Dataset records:
*** Begin section ***

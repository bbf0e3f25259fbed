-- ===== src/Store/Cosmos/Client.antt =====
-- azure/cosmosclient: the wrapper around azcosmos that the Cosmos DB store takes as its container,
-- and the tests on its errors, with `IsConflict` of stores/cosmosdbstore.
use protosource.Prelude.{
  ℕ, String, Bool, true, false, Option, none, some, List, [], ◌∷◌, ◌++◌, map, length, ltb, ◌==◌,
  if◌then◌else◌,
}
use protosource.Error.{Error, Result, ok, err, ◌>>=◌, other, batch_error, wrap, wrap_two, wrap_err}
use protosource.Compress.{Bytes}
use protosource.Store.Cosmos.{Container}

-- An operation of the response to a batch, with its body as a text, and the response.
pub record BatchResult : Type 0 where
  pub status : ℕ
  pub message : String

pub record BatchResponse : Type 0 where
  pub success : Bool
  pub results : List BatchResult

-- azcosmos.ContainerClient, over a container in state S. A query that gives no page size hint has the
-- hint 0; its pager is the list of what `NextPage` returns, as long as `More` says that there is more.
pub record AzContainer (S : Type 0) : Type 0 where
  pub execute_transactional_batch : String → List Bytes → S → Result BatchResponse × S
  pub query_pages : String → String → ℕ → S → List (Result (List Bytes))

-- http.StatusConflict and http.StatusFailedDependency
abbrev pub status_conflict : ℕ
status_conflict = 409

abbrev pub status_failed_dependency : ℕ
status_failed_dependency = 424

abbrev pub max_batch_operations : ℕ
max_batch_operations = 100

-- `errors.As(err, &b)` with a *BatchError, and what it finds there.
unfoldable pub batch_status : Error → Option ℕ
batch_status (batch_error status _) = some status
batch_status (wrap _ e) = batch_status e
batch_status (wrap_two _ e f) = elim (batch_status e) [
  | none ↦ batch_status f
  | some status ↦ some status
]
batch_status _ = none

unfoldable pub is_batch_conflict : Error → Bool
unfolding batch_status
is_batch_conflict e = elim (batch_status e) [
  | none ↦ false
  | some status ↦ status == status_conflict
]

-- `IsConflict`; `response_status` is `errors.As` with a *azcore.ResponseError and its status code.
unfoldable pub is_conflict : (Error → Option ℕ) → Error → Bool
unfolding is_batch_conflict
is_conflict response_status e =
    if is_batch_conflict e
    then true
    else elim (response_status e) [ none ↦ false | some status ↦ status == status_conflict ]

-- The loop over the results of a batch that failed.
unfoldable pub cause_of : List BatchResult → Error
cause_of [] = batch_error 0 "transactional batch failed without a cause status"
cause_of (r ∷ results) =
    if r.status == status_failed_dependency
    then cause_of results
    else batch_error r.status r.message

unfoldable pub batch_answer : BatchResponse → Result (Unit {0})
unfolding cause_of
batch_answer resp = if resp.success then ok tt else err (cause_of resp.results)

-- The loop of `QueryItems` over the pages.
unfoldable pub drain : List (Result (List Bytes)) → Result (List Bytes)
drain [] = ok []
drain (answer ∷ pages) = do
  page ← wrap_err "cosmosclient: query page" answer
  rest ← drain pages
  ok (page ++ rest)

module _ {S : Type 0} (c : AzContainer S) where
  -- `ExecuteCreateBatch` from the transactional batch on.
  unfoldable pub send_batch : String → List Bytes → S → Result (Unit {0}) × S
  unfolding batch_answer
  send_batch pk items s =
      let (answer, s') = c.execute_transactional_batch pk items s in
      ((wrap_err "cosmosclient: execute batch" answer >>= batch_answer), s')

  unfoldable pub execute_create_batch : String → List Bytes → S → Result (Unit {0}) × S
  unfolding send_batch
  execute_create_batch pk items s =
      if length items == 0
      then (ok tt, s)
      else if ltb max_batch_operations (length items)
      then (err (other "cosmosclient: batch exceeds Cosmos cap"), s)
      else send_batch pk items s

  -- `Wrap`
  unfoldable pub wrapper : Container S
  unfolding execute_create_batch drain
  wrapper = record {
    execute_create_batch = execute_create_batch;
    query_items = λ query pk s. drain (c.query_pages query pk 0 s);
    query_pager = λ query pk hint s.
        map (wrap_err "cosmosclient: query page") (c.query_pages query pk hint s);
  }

*** End section ***

Task to carry out | Copy, please, every line from the start of the entries down to the line that holds "-- azcosmos.ContainerClient, over", with both of those lines included and no others.

Exercise solution |
repository bbf0e3f25259fbed
-- ===== src/Store/Cosmos/Client.antt =====
-- azure/cosmosclient: the wrapper around azcosmos that the Cosmos DB store takes as its container,
-- and the tests on its errors, with `IsConflict` of stores/cosmosdbstore.
use protosource.Prelude.{
  ℕ, String, Bool, true, false, Option, none, some, List, [], ◌∷◌, ◌++◌, map, length, ltb, ◌==◌,
  if◌then◌else◌,
}
use protosource.Error.{Error, Result, ok, err, ◌>>=◌, other, batch_error, wrap, wrap_two, wrap_err}
use protosource.Compress.{Bytes}
use protosource.Store.Cosmos.{Container}

-- An operation of the response to a batch, with its body as a text, and the response.
pub record BatchResult : Type 0 where
  pub status : ℕ
  pub message : String

pub record BatchResponse : Type 0 where
  pub success : Bool
  pub results : List BatchResult

-- azcosmos.ContainerClient, over a container in state S. A query that gives no page size hint has the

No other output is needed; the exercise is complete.